Required: AWS_ACCESS_KEY_ID AWS_SECRET_ACCESS_KEY

If you don’t know what these are, then s3sync is probably not the right tool for you to be starting out with. Optional: AWS_S3_HOST - I don’t see why the default would ever be wrong

HTTP_PROXY_HOST,HTTP_PROXY_PORT,HTTP_PROXY_USER,HTTP_PROXY_PASSWORD - proxy

SSL_CERT_DIR - Where your Cert Authority keys live; for verification SSL_CERT_FILE - If you have just one PEM file for CA verification S3SYNC_RETRIES - How many HTTP errors to tolerate before exiting S3SYNC_WAITONERROR - How many seconds to wait after an http error S3SYNC_MIME_TYPES_FILE - Where is your mime.types file S3SYNC_NATIVE_CHARSET - For example Windows-1252. Defaults to ISO-8859-1.

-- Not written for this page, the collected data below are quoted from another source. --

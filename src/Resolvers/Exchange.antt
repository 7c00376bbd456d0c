-- ===== src/Resolvers/Exchange.antt =====
-- internal/resolvers/forwarding_resolver.go: one query to one upstream, with the pool of its UDP
-- connections, the retries and the fall back to TCP. The sockets are operations on a world, and
-- deadlines are theirs; a pool is used by one query at a time.
pub mod Pooled
use hydra_dns.Base.{
  ℕ, zero, suc, ◌+◌, ◌*◌, ◌/◌, ◌%◌, [], ◌∷◌, ◌++◌, List, Bool, true, false, not, ◌&&◌, ltb, ◌==◌,
  if◌then◌else◌, length, Option, none, some, Bytes, Result, ok, err, put_uint16,
}
use hydra_dns.Base.Int.{ℤ, pos}
use hydra_dns.Base.Table.{table_get, table_set}
use hydra_dns.Convert.{clamp_int_to_uint16}
use hydra_dns.Dns.Edns.{is_truncated}

-- A reply, or an error.
pub data Exchanged (E : Type 0) : Type 0 where
  replied : Bytes → Exchanged E
  broke : E → Exchanged E

pub data Dialed (C E : Type 0) : Type 0 where
  dialed : C → Dialed C E
  no_dial : E → Dialed C E

-- The sockets and the context; `none` is a nil error. A read fills at most so many bytes, and
-- `read_full` exactly so many. `bad_length` is the error of an empty response over TCP.
pub record Sockets (W C E : Type 0) : Type 0 where
  pub context_error : W → Option E
  pub resolve : Bytes → W → Option E × W
  pub dial_udp : Bytes → W → Dialed C E × W
  pub dial_tcp : Bytes → W → Dialed C E × W
  pub write : C → Bytes → W → Option E × W
  pub read : C → ℕ → W → Exchanged E × W
  pub read_full : C → ℕ → W → Exchanged E × W
  pub close : C → W → W
  pub is_net_error : E → Bool
  pub bad_length : E

-- The settings of a resolver that a query reads.
pub record QuerySettings : Type 0 where
  pub pool_size : ℕ
  pub recv_size : ℕ
  pub max_retries : ℕ
  pub tcp_fallback : Bool

-- The map `udpPools`: the free connections of each upstream.
abbrev pub Pools : Type 0 → Type 0
Pools C = List (Bytes × List C)

-- The answer of IsTruncated, which reads two bytes only where four are there.
unfoldable pub tc_is_set : Bytes → Bool
tc_is_set resp = elim (is_truncated resp) [ ok b ↦ b | err e ↦ false ]

-- The length behind the prefix of a TCP message.
unfoldable pub prefix_length : Bytes → ℕ
prefix_length (hi ∷ lo ∷ rest) = hi * 256 + lo
prefix_length few = 0

module _ {W C E : Type 0} (net : Sockets W C E) where
  -- queryUpstreamTCP on the connection, which it closes at the end.
  unfoldable pub read_tcp_body : C → Exchanged E × W → Exchanged E × W
  read_tcp_body c (broke e, w) = (broke e, w)
  read_tcp_body c (replied prefix, w) =
      if prefix_length prefix == 0
      then (broke net.bad_length, w)
      else net.read_full c (prefix_length prefix) w

  unfoldable pub tcp_exchange : C → Bytes → W → Exchanged E × W
  tcp_exchange c req w =
      let (e1, w1) = net.write c (put_uint16 (clamp_int_to_uint16 (pos (length req)))) w in
      let (e2, w2) = net.write c req w1 in
      elim e1 [
        | some e ↦ (broke e, w1)
        | none ↦ elim e2 [ some e ↦ (broke e, w2) | none ↦ read_tcp_body c (net.read_full c 2 w2) ]
      ]

  unfoldable pub query_upstream_tcp : Bytes → Bytes → W → Exchanged E × W
  query_upstream_tcp req host w =
      let (conn, w') = net.dial_tcp host w in
      elim conn [
        | no_dial e ↦ (broke e, w')
        | dialed c ↦ let (reply, w'') = tcp_exchange c req w' in (reply, net.close c w'')
      ]

module _ {W C E : Type 0} (net : Sockets W C E) (set : QuerySettings) where
  -- The loop of ensurePool that dials; it stops at the first failure.
  unfoldable pub fill_pool : ℕ → Bytes → List C → W → List C × W
  fill_pool zero up pool w = (pool, w)
  fill_pool (suc n) up pool w =
      let (conn, w') = net.dial_udp up w in
      elim conn [ no_dial e ↦ (pool, w') | dialed c ↦ fill_pool n up (pool ++ (c ∷ [])) w' ]

  -- ensurePool: its error, and the pools, which have one for the upstream in any case.
  unfoldable pub ensure_pool : Bytes → Pools C → W → Option E × Pools C × W
  ensure_pool up pools w = elim (table_get up pools) [
    | some pool ↦ (none, pools, w)
    | none ↦
        let (failed, w') = net.resolve up w in
        elim failed [
          | some e ↦ (some e, table_set up [] pools, w')
          | none ↦
              let (pool, w'') = fill_pool set.pool_size up [] w' in
              (none, table_set up pool pools, w'')
        ]
  ]

  -- releaseConnection, with the free connections of its pool.
  unfoldable pub release_connection : C → Bool → Bool → List C → W → List C × W
  release_connection c from_pool conn_ok pool w =
      if conn_ok && (from_pool && ltb (length pool) set.pool_size)
      then (pool ++ (c ∷ []), w)
      else (pool, net.close c w)

  -- queryOneAttempt on a connection, up to the test for TC: with the reply comes whether the
  -- connection is still good.
  unfoldable pub udp_exchange : C → Bytes → W → Exchanged E × Bool × W
  udp_exchange c req w =
      let (failed, w1) = net.write c req w in
      let (reply, w2) = net.read c set.recv_size w1 in
      elim failed [
        | some e ↦ (broke e, false, w1)
        | none ↦ elim reply [
          | broke e ↦ (broke e, false, w2)
          | replied resp ↦ (replied resp, true, w2)
        ]
      ]

  -- The reply, or that over TCP where it is truncated.
  unfoldable pub or_tcp : Bytes → Bytes → Exchanged E × Bool × W → Exchanged E × Bool × W
  or_tcp up req (broke e, conn_ok, w) = (broke e, conn_ok, w)
  or_tcp up req (replied resp, conn_ok, w) =
      let (reply, w') = query_upstream_tcp net req up w in
      if set.tcp_fallback && tc_is_set resp
      then (reply, conn_ok, w')
      else (replied resp, conn_ok, w)

  unfoldable pub attempt_on : C → Bool → Bytes → Bytes → List C → W → Exchanged E × List C × W
  attempt_on c from_pool up req pool w =
      let (reply, conn_ok, w') = or_tcp up req (udp_exchange c req w) in
      let (pool', w'') = release_connection c from_pool conn_ok pool w' in (reply, pool', w'')

  -- queryOneAttempt. Where the context is done and a connection is free too, Go's select takes
  -- either: `takes_done` says which.
  unfoldable pub query_one_attempt : Bool → Bytes → Bytes → List C → W → Exchanged E × List C × W
  query_one_attempt takes_done up req [] w = elim (net.context_error w) [
    | some e ↦ (broke e, [], w)
    | none ↦
        let (failed, w1) = net.resolve up w in
        let (conn, w2) = net.dial_udp up w1 in
        elim failed [
          | some e ↦ (broke e, [], w1)
          | none ↦ elim conn [
            | no_dial e ↦ (broke e, [], w2)
            | dialed c ↦ attempt_on c false up req [] w2
          ]
        ]
  ]
  query_one_attempt takes_done up req (c ∷ pool) w =
      let on_pooled = attempt_on c true up req pool w in
      elim (net.context_error w) [
        | none ↦ on_pooled
        | some e ↦ if takes_done then (broke e, c ∷ pool, w) else on_pooled
      ]

  -- The end of queryOne: no error and no reply where it makes no attempt.
  unfoldable pub last_outcome : Option E → Exchanged E
  last_outcome none = replied []
  last_outcome (some e) = broke e

  -- queryOne's loop. `takes_done i` is for the attempt with i more behind it.
  unfoldable pub query_attempts :
      (ℕ → Bool) → ℕ → Option E → Bytes → Bytes → List C → W → Exchanged E × List C × W
  query_attempts takes_done zero last up req pool w = (last_outcome last, pool, w)
  query_attempts takes_done (suc n) last up req pool w =
      let (reply, pool', w') = query_one_attempt (takes_done n) up req pool w in
      elim (net.context_error w) [
        | some e ↦ (broke e, pool, w)
        | none ↦ elim reply [
          | replied resp ↦ (replied resp, pool', w')
          | broke e ↦
              if net.is_net_error e
              then query_attempts takes_done n (some e) up req pool' w'
              else (broke e, pool', w')
        ]
      ]

  unfoldable pub pool_of : Bytes → Pools C → List C
  pool_of up pools = elim (table_get up pools) [ none ↦ [] | some pool ↦ pool ]

  unfoldable pub query_one : (ℕ → Bool) → Bytes → Bytes → Pools C → W → Exchanged E × Pools C × W
  query_one takes_done up req pools w =
      let (failed, pools', w') = ensure_pool up pools w in
      let (reply, pool, w'') =
        query_attempts takes_done set.max_retries none up req (pool_of up pools') w' in
      elim failed [ some e ↦ (broke e, pools', w') | none ↦ (reply, table_set up pool pools', w'') ]
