-- ===== src/Resolvers/Exchange/Pooled.antt =====
-- The pools of UDP connections keep what worked, and do not outgrow their size.
use hydra_dns.Base.{
  ℕ, zero, suc, ◌+◌, ◌≤◌, ◌≡◌, refl, ap, ◌∙◌, ◌⊎◌, inl, inr, arith, [], ◌∷◌, ◌++◌, List, Bool, true,
  false, if◌then◌else◌, length, length-append, Option, none, some, Bytes, Bool-cases, Option-cases,
  bytes_eq,
}
use hydra_dns.Base.Table.{table_get, table_set, table_get-table_set}
use hydra_dns.Resolvers.Exchange.{
  Exchanged, replied, broke, Dialed, dialed, no_dial, Sockets, QuerySettings, Pools, fill_pool,
  ensure_pool, release_connection, udp_exchange, or_tcp, attempt_on, query_one_attempt,
  query_attempts, pool_of, query_one,
}

Dialed-cases :
    {C E : Type 0} (d : Dialed C E) → ((e : E) × (d ≡ no_dial e)) ⊎ ((c : C) × (d ≡ dialed c))
Dialed-cases (no_dial e) = inl (e, refl)
Dialed-cases (dialed c) = inr (c, refl)

Exchanged-cases :
    {E : Type 0} (r : Exchanged E)
    → ((resp : Bytes) × (r ≡ replied resp)) ⊎ ((e : E) × (r ≡ broke e))
Exchanged-cases (replied resp) = inl (resp, refl)
Exchanged-cases (broke e) = inr (e, refl)

module _ {W C E : Type 0} (net : Sockets W C E) (set : QuerySettings) where
  fill_pool-length :
      (n : ℕ) (up : Bytes) (pool : List C) (w : W)
      → length (fill_pool net set n up pool w).0 ≤ length pool + n
  unfolding fill_pool
  fill_pool-length zero up pool w = omega arith
  fill_pool-length (suc n) up pool w = elim (Dialed-cases (net.dial_udp up w).0) [
    | inl (e, is) ↦ rw (fill_pool, is) (omega arith)
    | inr (c, is) ↦
        rw (fill_pool, is)
          (omega (
            arith,
            fill_pool-length n up (pool ++ (c ∷ [])) (net.dial_udp up w).1,
            length-append pool (c ∷ []),
          ))
  ]

  release_connection-length :
      (c : C) (from_pool conn_ok : Bool) (pool : List C) (w : W)
      → length pool ≤ set.pool_size
      → length (release_connection net set c from_pool conn_ok pool w).0 ≤ set.pool_size
  unfolding release_connection
  release_connection-length c from_pool conn_ok pool w h =
      ground (arith, h, length-append pool (c ∷ []))

  -- The connection takes the query and gives a reply.
  unfoldable pub exchange_works : C → Bytes → W → Bool
  exchange_works c req w = elim (net.write c req w).0 [
    | some e ↦ false
    | none ↦ elim (net.read c set.recv_size (net.write c req w).1).0 [
      | broke e ↦ false
      | replied resp ↦ true
    ]
  ]

  -- The attempt ends with the error of the context before it takes a connection.
  unfoldable pub gives_up : Bool → W → Bool
  gives_up takes_done w = elim (net.context_error w) [ none ↦ false | some e ↦ takes_done ]

  -- The world behind an exchange, with that over TCP where there is one.
  unfoldable pub world_after : C → Bytes → Bytes → W → W
  world_after c up req w = (or_tcp net set up req (udp_exchange net set c req w)).2

  -- The free connections behind an attempt, and the world: a connection that worked goes to the end
  -- of the pool, one that did not is closed.
  unfoldable pub pool_after : Bool → Bytes → Bytes → C → List C → W → List C × W
  unfolding exchange_works gives_up world_after
  pool_after takes_done up req c pool w =
      if gives_up takes_done w
      then (c ∷ pool, w)
      else (if exchange_works c req w
          then (pool ++ (c ∷ []), world_after c up req w)
          else (pool, net.close c (world_after c up req w)))

  or_tcp-conn_ok : (up req : Bytes) (r : Exchanged E × Bool × W) → (or_tcp net set up req r).1 ≡ r.1
  unfolding or_tcp
  or_tcp-conn_ok up req (broke e, conn_ok, w) = refl
  or_tcp-conn_ok up req (replied resp, conn_ok, w) = ground arith

  udp_exchange-conn_ok :
      (c : C) (req : Bytes) (w : W) → (udp_exchange net set c req w).1 ≡ exchange_works c req w
  unfolding udp_exchange exchange_works
  udp_exchange-conn_ok c req w = elim (Option-cases (net.write c req w).0) [
    | inr (e, is) ↦ rw (udp_exchange, exchange_works, is) refl
    | inl fine ↦
        let reply = net.read c set.recv_size (net.write c req w).1 in
        elim (Exchanged-cases reply.0) [
          | inl (resp, is) ↦ rw (udp_exchange, exchange_works, fine, is) refl
          | inr (e, is) ↦ rw (udp_exchange, exchange_works, fine, is) refl
        ]
  ]

  attempt_on-pooled :
      (c : C) (up req : Bytes) (pool : List C) (w : W)
      → length (c ∷ pool) ≤ set.pool_size
      → (let r = attempt_on net set c true up req pool w in
          (let pw : List C × W = (r.1, r.2) in pw) ≡ (
            if exchange_works c req w
            then (pool ++ (c ∷ []), world_after c up req w)
            else (pool, net.close c (world_after c up req w))))
  unfolding attempt_on release_connection world_after
  attempt_on-pooled c up req pool w h =
      let same =
        or_tcp-conn_ok up req (udp_exchange net set c req w) ∙ udp_exchange-conn_ok c req w in
      elim (Bool-cases (exchange_works c req w)) [
        | inl works ↦ ground (arith, same, works, h)
        | inr fails ↦ ground (arith, same, fails, h)
      ]

  attempt_on-length :
      (c : C) (from_pool : Bool) (up req : Bytes) (pool : List C) (w : W)
      → length pool ≤ set.pool_size
      → length (attempt_on net set c from_pool up req pool w).1 ≤ set.pool_size
  unfolding attempt_on
  attempt_on-length c from_pool up req pool w h =
      let r = or_tcp net set up req (udp_exchange net set c req w) in
      release_connection-length c from_pool r.1 pool r.2 h

  query_one_attempt-length :
      (takes_done : Bool) (up req : Bytes) (pool : List C) (w : W)
      → length pool ≤ set.pool_size
      → length (query_one_attempt net set takes_done up req pool w).1 ≤ set.pool_size
  unfolding query_one_attempt
  query_one_attempt-length takes_done up req [] w h =
      let none_left : 0 ≤ set.pool_size = omega arith in
      elim (Option-cases (net.context_error w)) [
        | inr (why, e) ↦ rw (query_one_attempt, e) none_left
        | inl e ↦ elim (Option-cases (net.resolve up w).0) [
          | inr (why, e') ↦ rw (query_one_attempt, e, e') none_left
          | inl e' ↦
              let w1 = (net.resolve up w).1 in
              elim (Dialed-cases (net.dial_udp up w1).0) [
                | inl (why, e'') ↦ rw (query_one_attempt, e, e', e'') none_left
                | inr (c, e'') ↦
                    rw (query_one_attempt, e, e', e'')
                      (attempt_on-length c false up req [] (net.dial_udp up w1).1 none_left)
              ]
        ]
      ]
  query_one_attempt-length takes_done up req (c ∷ pool) w h =
      let used = attempt_on-length c true up req pool w (omega (arith, h)) in
      elim (Option-cases (net.context_error w)) [
        | inl e ↦ rw (query_one_attempt, e) used
        | inr (why, e) ↦ rw (query_one_attempt, e) (ground (arith, h, used))
      ]

  query_attempts-length :
      (takes_done : ℕ → Bool) (n : ℕ) (last : Option E) (up req : Bytes) (pool : List C) (w : W)
      → length pool ≤ set.pool_size
      → length (query_attempts net set takes_done n last up req pool w).1 ≤ set.pool_size
  unfolding query_attempts
  query_attempts-length takes_done zero last up req pool w h = h
  query_attempts-length takes_done (suc n) last up req pool w h =
      let r = query_one_attempt net set (takes_done n) up req pool w in
      let after = query_one_attempt-length (takes_done n) up req pool w h in
      elim (Option-cases (net.context_error w)) [
        | inr (why, e) ↦ rw (query_attempts, e) h
        | inl e ↦ elim (Exchanged-cases r.0) [
          | inl (resp, e') ↦ rw (query_attempts, e, e') after
          | inr (why, e') ↦ elim (Bool-cases (net.is_net_error why)) [
            | inl again ↦
                rw (query_attempts, e, e', again)
                  (query_attempts-length takes_done n (some why) up req r.1 r.2 after)
            | inr fatal ↦ rw (query_attempts, e, e', fatal) after
          ]
        ]
      ]

  -- Every pool holds at most as many connections as its size.
  abbrev pub IsPooled : Pools C → Type 0
  IsPooled pools = (u : Bytes) → length (pool_of net set u pools) ≤ set.pool_size

  pool_of-table_set :
      (u up : Bytes) (pool : List C) (pools : Pools C)
      → pool_of net set u (table_set up pool pools)
        ≡ (if bytes_eq up u then pool else pool_of net set u pools)
  unfolding pool_of
  pool_of-table_set u up pool pools =
      ap (λ (o : Option (List C)). elim o [ none ↦ [] | some p ↦ p ])
        (table_get-table_set u up pool pools)
      ∙ ground arith

  IsPooled-table_set :
      (up : Bytes) (pool : List C) (pools : Pools C)
      → length pool ≤ set.pool_size
      → IsPooled pools
      → IsPooled (table_set up pool pools)
  IsPooled-table_set up pool pools h p u = elim (Bool-cases (bytes_eq up u)) [
    | inl e ↦ rw (pool_of-table_set u up pool pools, e) h
    | inr e ↦ rw (pool_of-table_set u up pool pools, e) (p u)
  ]

  IsPooled-ensure_pool :
      (up : Bytes) (pools : Pools C) (w : W)
      → IsPooled pools
      → IsPooled (ensure_pool net set up pools w).1
  unfolding ensure_pool
  IsPooled-ensure_pool up pools w p = elim (Option-cases (table_get up pools)) [
    | inr (pool, e) ↦ rw (ensure_pool, e) p
    | inl e ↦ elim (Option-cases (net.resolve up w).0) [
      | inr (why, e') ↦ rw (ensure_pool, e, e') (IsPooled-table_set up [] pools (omega arith) p)
      | inl e' ↦
          let filled = fill_pool net set set.pool_size up [] (net.resolve up w).1 in
          let fits : length filled.0 ≤ set.pool_size =
            omega (arith, fill_pool-length set.pool_size up [] (net.resolve up w).1) in
          rw (ensure_pool, e, e') (IsPooled-table_set up filled.0 pools fits p)
    ]
  ]

-- A connection that was dialed for one attempt is not kept.
dropped :
    {W C E : Type 0} (net : Sockets W C E) (set : QuerySettings) (takes_done : Bool)
    (up req : Bytes) (w : W)
    → (query_one_attempt net set takes_done up req [] w).1 ≡ []
unfolding query_one_attempt attempt_on release_connection
dropped net set takes_done up req w = elim (Option-cases (net.context_error w)) [
  | inr (why, e) ↦ rw (query_one_attempt, e) refl
  | inl e ↦ elim (Option-cases (net.resolve up w).0) [
    | inr (why, e') ↦ rw (query_one_attempt, e, e') refl
    | inl e' ↦ elim (Dialed-cases (net.dial_udp up (net.resolve up w).1).0) [
      | inl (why, e'') ↦ rw (query_one_attempt, e, e', e'') refl
      | inr (c, e'') ↦ rw (query_one_attempt, e, e', e'') (ground arith)
    ]
  ]
]

-- An attempt from a pool that is not above its size takes the first free connection, unless the
-- context is done and it sees that: afterwards the connection is free again, behind the others, if
-- it took the query and gave a reply, and is closed if not. An attempt from an empty pool leaves it
-- empty: the connection that it dials is not kept.
pub query_one_attempt-pool_after :
    {W C E : Type 0} (net : Sockets W C E) (set : QuerySettings) (takes_done : Bool)
    (up req : Bytes) (c : C) (pool : List C) (w : W)
    → length (c ∷ pool) ≤ set.pool_size
    → (let r = query_one_attempt net set takes_done up req (c ∷ pool) w in
        (r.1 ≡ (pool_after net set takes_done up req c pool w).0)
        × (r.2 ≡ (pool_after net set takes_done up req c pool w).1))
      × ((query_one_attempt net set takes_done up req [] w).1 ≡ [])
unfolding query_one_attempt pool_after gives_up
query_one_attempt-pool_after net set takes_done up req c pool w h =
    let used = attempt_on-pooled net set c up req pool w h in
    (
      elim (Option-cases (net.context_error w)) [
        | inl e ↦
            rw (query_one_attempt, pool_after, gives_up, e) (ap (λ p. p.0) used, ap (λ p. p.1) used)
        | inr (why, e) ↦ elim (Bool-cases takes_done) [
          | inl taken ↦ rw (query_one_attempt, pool_after, gives_up, e, taken) (refl, refl)
          | inr not_taken ↦
              rw (query_one_attempt, pool_after, gives_up, e, not_taken)
                (ap (λ p. p.0) used, ap (λ p. p.1) used)
        ]
      ],
      dropped net set takes_done up req w,
    )

-- A query to an upstream, with all its retries and whatever the sockets do, leaves no more free
-- connections in any pool than its size, if there were no more before.
pub query_one-IsPooled :
    {W C E : Type 0} (net : Sockets W C E) (set : QuerySettings) (takes_done : ℕ → Bool)
    (up req : Bytes) (pools : Pools C) (w : W)
    → IsPooled net set pools
    → IsPooled net set (query_one net set takes_done up req pools w).1
unfolding query_one
query_one-IsPooled net set takes_done up req pools w p =
    let ensured = ensure_pool net set up pools w in
    let p' = IsPooled-ensure_pool net set up pools w p in
    let tried =
      query_attempts net set takes_done set.max_retries none up req (pool_of net set up ensured.1)
        ensured.2 in
    let fits =
      query_attempts-length net set takes_done set.max_retries none up req
        (pool_of net set up ensured.1) ensured.2 (p' up) in
    elim (Option-cases ensured.0) [
      | inr (why, e) ↦ rw (query_one, e) p'
      | inl e ↦ rw (query_one, e) (IsPooled-table_set net set up tried.1 ensured.1 fits p')
    ]
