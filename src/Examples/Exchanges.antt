-- ===== src/Examples/Exchanges.antt =====
-- An upstream that does not answer the first attempt.
use hydra_dns.Base.{
  ℕ, suc, ◌≡◌, ◌==◌, refl, [], ◌∷◌, List, Bool, true, false, if◌then◌else◌, Option, none, some,
  Bytes, arith,
}
use hydra_dns.Resolvers.Exchange.{
  Exchanged, replied, broke, Dialed, dialed, Sockets, QuerySettings, query_one_attempt, query_one,
}
use hydra_dns.Resolvers.Exchange.Pooled.{pool_after, query_one_attempt-pool_after}

abbrev upstream : Bytes
upstream = b'u' ∷ []

-- The world counts the reads, of which the first times out; a connection is its number.
abbrev read_once : ℕ → ℕ → ℕ → Exchanged ℕ × ℕ
read_once c size reads = if reads == 0 then (broke 7, 1) else (replied (1 ∷ 2 ∷ []), suc reads)

abbrev net : Sockets ℕ ℕ ℕ
net = record {
  context_error = λ w. none;
  resolve = λ up w. (none, w);
  dial_udp = λ up w. (dialed 5, w);
  dial_tcp = λ up w. (dialed 6, w);
  write = λ c b w. (none, w);
  read = read_once;
  read_full = read_once;
  close = λ c w. w;
  is_net_error = λ e. e == 7;
  bad_length = 0;
}

abbrev two_pooled : QuerySettings
two_pooled = record { pool_size = 2; recv_size = 4096; max_retries = 3; tcp_fallback = true }

-- The second attempt gets the reply; the connection of the first one is gone.
second_replied :
    query_one net two_pooled (λ i. false) upstream (0 ∷ []) [] 0
    ≡ (replied (1 ∷ 2 ∷ []), (upstream, 5 ∷ []) ∷ [], 2)
unfolding query_one hydra_dns.Resolvers.Exchange.ensure_pool hydra_dns.Base.Table.table_get
    hydra_dns.Resolvers.Exchange.query_attempts hydra_dns.Base.Table.table_set
    hydra_dns.Resolvers.Exchange.query_one_attempt hydra_dns.Resolvers.Exchange.pool_of
    hydra_dns.Base.bytes_eq hydra_dns.Resolvers.Exchange.fill_pool
    hydra_dns.Resolvers.Exchange.attempt_on hydra_dns.Resolvers.Exchange.or_tcp
    hydra_dns.Resolvers.Exchange.udp_exchange hydra_dns.Resolvers.Exchange.release_connection
    hydra_dns.Resolvers.Exchange.tc_is_set hydra_dns.Dns.Edns.is_truncated
second_replied = refl

-- A pool of two connections, of which the first is taken, and its read times out.
query_one_attempt-pool_after_example :
    (let r = query_one_attempt net two_pooled false upstream (0 ∷ []) (5 ∷ 6 ∷ []) 0 in
      (r.1 ≡ (pool_after net two_pooled false upstream (0 ∷ []) 5 (6 ∷ []) 0).0)
      × (r.2 ≡ (pool_after net two_pooled false upstream (0 ∷ []) 5 (6 ∷ []) 0).1))
    × ((query_one_attempt net two_pooled false upstream (0 ∷ []) [] 0).1 ≡ [])
query_one_attempt-pool_after_example =
    query_one_attempt-pool_after net two_pooled false upstream (0 ∷ []) 5 (6 ∷ []) 0 (omega arith)

first_is_gone : (pool_after net two_pooled false upstream (0 ∷ []) 5 (6 ∷ []) 0).0 ≡ 6 ∷ []
unfolding pool_after
first_is_gone = refl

AWS_CALLING_FORMAT - Defaults to REGULAR
    REGULAR   # http://s3.amazonaws.com/bucket/key
    SUBDOMAIN # http://bucket.s3.amazonaws.com/key
    VANITY    # http://<vanity_domain>/key

Important: For EU-located buckets you should set the calling format to SUBDOMAIN Important: For US buckets with CAPS or other weird traits set the calling format to REGULAR

I use “envdir” from the daemontools package to set up my env variables easily: cr.yp.to/daemontools/envdir.html For example: envdir /root/s3sync/env /root/s3sync/s3sync.rb -etc etc etc I know there are other similar tools out there as well.

You can also just call it in a shell script where you have exported the vars first such as: #!/bin/bash export AWS_ACCESS_KEY_ID=valueGoesHere … s3sync.rb -etc etc etc

But by far the easiest (and newest) way to set this up is to put the name:value pairs in a file named s3config.yml and let the yaml parser pick them up. There is an .example file shipped with the tar.gz to show what a yaml file looks like. Thanks to Alastair Brunton for this addition.

You can also use some combination of .yaml and environment variables, if you want. Go nuts.

LICENSE:

(The MIT License)

Copyright © 2009 FIXME full name

Permission is hereby granted, free of charge, to any person obtaining a copy of this software and associated documentation files (the ‘Software’), to deal in the Software without restriction, including without limitation the rights to use, copy, modify, merge, publish, distribute, sublicense, and/or sell copies of the Software, and to permit persons to whom the Software is furnished to do so, subject to the following conditions:

The above copyright notice and this permission notice shall be included in all copies or substantial portions of the Software.

THE SOFTWARE IS PROVIDED ‘AS IS’, WITHOUT WARRANTY OF ANY KIND, EXPRESS OR IMPLIED, INCLUDING BUT NOT LIMITED TO THE WARRANTIES OF MERCHANTABILITY, FITNESS FOR A PARTICULAR PURPOSE AND NONINFRINGEMENT. IN NO EVENT SHALL THE AUTHORS OR COPYRIGHT HOLDERS BE LIABLE FOR ANY CLAIM, DAMAGES OR OTHER LIABILITY, WHETHER IN AN ACTION OF CONTRACT, TORT OR OTHERWISE, ARISING FROM, OUT OF OR IN CONNECTION WITH THE SOFTWARE OR THE USE OR OTHER DEALINGS IN THE SOFTWARE.